=== Section Start ===

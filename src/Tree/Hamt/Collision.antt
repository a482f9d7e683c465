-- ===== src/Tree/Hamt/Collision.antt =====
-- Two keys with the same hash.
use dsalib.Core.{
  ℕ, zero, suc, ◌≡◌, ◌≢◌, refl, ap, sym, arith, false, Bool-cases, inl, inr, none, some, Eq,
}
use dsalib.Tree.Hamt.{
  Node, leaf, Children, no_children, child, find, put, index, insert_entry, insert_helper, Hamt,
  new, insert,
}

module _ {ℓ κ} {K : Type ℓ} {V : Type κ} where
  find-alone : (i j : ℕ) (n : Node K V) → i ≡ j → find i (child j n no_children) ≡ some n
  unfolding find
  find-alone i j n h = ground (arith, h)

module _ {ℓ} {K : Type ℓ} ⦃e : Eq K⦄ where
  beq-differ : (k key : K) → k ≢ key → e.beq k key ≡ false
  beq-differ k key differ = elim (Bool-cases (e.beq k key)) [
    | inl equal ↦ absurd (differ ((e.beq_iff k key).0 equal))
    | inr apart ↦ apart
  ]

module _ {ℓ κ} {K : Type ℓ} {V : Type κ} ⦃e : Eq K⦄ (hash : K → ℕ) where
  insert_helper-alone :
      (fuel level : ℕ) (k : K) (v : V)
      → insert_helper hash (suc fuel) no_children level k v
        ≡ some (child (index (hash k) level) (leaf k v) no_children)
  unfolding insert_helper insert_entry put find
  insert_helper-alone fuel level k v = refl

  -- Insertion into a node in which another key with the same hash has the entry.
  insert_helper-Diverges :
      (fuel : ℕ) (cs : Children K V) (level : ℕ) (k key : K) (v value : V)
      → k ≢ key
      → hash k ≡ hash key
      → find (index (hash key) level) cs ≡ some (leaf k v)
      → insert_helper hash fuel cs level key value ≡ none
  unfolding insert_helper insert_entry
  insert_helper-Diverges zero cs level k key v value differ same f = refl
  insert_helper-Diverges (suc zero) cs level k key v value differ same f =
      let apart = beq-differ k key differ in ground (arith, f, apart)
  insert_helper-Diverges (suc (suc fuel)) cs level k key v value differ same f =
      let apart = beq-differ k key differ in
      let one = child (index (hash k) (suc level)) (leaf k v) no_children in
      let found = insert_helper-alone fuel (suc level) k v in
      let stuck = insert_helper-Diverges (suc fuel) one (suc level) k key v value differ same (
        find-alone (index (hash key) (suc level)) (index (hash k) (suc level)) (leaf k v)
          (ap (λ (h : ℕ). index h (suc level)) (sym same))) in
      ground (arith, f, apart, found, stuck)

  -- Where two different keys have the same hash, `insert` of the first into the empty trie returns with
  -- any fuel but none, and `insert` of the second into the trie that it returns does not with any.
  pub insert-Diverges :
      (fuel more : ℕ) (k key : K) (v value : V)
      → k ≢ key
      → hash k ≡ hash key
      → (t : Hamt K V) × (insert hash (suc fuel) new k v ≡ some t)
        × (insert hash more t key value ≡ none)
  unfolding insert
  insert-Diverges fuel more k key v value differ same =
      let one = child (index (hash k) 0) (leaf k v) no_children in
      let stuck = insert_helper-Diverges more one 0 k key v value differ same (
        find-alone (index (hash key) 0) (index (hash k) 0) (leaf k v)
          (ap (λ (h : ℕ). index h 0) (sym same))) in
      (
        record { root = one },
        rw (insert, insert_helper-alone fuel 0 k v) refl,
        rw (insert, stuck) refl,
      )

=== Section End ===
=== Section Start ===

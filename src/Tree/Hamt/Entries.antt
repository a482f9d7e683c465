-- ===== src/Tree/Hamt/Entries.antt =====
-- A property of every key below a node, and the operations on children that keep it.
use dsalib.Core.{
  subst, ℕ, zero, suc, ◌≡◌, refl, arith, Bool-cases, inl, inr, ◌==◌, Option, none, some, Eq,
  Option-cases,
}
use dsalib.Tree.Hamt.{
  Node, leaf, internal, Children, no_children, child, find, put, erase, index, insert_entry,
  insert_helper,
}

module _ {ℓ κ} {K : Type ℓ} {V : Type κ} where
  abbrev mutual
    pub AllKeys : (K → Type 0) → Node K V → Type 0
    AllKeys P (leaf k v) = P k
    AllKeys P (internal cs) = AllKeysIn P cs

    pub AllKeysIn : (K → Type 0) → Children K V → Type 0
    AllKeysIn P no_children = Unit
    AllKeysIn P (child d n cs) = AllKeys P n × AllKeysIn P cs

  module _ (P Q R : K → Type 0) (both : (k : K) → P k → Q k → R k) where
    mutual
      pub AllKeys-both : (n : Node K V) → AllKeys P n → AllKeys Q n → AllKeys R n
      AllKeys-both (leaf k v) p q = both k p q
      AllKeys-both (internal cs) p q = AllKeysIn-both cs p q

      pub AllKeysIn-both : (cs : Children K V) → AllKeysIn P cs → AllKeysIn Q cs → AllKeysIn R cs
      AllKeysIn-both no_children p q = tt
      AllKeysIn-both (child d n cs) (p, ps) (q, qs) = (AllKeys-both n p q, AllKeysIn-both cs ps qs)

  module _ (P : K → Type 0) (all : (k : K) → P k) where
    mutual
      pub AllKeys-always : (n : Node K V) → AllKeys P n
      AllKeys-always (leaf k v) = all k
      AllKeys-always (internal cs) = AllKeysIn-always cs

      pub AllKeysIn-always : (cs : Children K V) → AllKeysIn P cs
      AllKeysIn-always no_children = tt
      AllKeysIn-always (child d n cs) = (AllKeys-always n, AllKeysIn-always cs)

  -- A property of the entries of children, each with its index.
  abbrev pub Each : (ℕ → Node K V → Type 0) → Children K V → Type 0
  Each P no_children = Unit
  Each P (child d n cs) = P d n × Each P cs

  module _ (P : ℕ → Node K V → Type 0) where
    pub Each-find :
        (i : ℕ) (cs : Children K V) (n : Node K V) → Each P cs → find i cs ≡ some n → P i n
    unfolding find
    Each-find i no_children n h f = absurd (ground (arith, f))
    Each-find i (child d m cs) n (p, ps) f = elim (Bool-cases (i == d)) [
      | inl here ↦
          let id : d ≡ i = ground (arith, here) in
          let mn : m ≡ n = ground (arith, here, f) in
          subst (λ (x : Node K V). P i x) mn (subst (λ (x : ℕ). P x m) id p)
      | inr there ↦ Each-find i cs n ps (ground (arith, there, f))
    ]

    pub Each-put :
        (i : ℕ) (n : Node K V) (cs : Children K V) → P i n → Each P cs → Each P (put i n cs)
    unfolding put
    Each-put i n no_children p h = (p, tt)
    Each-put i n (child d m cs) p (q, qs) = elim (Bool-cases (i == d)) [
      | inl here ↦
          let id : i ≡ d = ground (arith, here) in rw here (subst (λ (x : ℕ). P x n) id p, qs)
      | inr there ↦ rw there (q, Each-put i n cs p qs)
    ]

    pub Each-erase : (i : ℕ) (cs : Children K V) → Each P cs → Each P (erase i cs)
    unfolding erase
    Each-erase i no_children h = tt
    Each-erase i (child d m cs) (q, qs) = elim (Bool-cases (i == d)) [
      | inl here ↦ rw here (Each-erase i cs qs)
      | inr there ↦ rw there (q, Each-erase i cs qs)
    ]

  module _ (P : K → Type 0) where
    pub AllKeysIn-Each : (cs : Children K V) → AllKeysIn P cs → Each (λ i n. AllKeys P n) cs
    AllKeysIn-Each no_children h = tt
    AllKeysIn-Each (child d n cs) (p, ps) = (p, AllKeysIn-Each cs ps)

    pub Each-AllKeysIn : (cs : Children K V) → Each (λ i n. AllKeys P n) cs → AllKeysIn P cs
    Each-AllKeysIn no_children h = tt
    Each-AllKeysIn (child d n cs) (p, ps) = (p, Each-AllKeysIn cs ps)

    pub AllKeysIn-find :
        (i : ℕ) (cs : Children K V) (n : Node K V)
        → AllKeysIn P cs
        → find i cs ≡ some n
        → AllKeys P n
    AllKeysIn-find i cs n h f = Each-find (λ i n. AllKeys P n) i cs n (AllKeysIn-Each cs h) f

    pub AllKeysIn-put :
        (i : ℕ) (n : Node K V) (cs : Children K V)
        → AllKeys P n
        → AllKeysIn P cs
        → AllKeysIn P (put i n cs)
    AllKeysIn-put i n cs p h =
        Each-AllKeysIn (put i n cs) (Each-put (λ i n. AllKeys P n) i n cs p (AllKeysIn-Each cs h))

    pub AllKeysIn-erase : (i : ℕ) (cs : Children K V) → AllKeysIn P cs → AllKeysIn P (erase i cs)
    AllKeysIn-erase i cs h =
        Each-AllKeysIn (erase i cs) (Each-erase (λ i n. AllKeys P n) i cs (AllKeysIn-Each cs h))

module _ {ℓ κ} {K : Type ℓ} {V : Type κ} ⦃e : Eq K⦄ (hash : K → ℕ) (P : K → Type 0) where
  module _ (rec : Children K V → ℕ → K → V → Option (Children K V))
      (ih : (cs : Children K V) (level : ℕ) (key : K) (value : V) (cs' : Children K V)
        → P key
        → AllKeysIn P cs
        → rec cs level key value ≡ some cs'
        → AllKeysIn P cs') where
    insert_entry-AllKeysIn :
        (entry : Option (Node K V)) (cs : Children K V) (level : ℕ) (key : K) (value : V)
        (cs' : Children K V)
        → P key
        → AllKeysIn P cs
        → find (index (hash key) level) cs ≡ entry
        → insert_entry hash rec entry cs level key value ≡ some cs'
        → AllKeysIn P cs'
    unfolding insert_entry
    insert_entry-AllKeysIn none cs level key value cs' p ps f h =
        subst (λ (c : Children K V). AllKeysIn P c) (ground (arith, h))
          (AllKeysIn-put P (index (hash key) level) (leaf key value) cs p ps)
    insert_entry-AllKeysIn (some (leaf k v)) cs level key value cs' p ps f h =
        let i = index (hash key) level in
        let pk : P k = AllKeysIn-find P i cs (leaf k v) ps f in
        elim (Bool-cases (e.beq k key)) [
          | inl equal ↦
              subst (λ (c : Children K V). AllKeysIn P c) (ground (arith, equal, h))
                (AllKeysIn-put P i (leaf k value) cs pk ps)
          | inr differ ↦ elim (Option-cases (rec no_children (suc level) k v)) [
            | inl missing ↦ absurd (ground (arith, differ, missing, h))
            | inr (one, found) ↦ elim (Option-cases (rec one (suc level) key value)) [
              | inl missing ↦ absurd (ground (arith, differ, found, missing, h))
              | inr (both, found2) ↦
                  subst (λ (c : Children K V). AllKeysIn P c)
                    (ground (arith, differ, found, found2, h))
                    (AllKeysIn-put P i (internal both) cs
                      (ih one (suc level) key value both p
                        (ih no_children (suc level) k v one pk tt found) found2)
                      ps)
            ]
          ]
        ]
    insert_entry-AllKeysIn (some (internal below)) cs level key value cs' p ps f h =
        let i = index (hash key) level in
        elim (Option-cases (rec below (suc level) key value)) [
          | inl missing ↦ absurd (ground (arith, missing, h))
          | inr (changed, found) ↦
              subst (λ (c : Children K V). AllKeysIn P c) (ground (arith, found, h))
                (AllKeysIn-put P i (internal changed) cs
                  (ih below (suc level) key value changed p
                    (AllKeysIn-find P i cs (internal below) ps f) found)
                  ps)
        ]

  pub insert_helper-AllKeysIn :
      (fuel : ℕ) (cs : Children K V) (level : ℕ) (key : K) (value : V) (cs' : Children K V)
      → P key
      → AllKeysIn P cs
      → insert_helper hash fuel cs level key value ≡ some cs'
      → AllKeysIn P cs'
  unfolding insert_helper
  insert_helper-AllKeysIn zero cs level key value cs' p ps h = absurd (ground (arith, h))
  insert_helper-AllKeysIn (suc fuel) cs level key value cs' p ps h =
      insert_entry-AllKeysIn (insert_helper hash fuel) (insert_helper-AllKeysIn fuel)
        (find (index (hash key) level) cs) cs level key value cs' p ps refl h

=== Section End ===

With the first line being the one containing "filename src/Tree/Hamt/Collision.antt" and the last line the one containing "beq-differ : (k", transcribe exactly the lines above that fall in that range.

### Solution to this task
filename src/Tree/Hamt/Collision.antt
repository a482f9d7e683c465
-- ===== src/Tree/Hamt/Collision.antt =====
-- Two keys with the same hash.
use dsalib.Core.{
  ℕ, zero, suc, ◌≡◌, ◌≢◌, refl, ap, sym, arith, false, Bool-cases, inl, inr, none, some, Eq,
}
use dsalib.Tree.Hamt.{
  Node, leaf, Children, no_children, child, find, put, index, insert_entry, insert_helper, Hamt,
  new, insert,
}

module _ {ℓ κ} {K : Type ℓ} {V : Type κ} where
  find-alone : (i j : ℕ) (n : Node K V) → i ≡ j → find i (child j n no_children) ≡ some n
  unfolding find
  find-alone i j n h = ground (arith, h)

module _ {ℓ} {K : Type ℓ} ⦃e : Eq K⦄ where
  beq-differ : (k key : K) → k ≢ key → e.beq k key ≡ false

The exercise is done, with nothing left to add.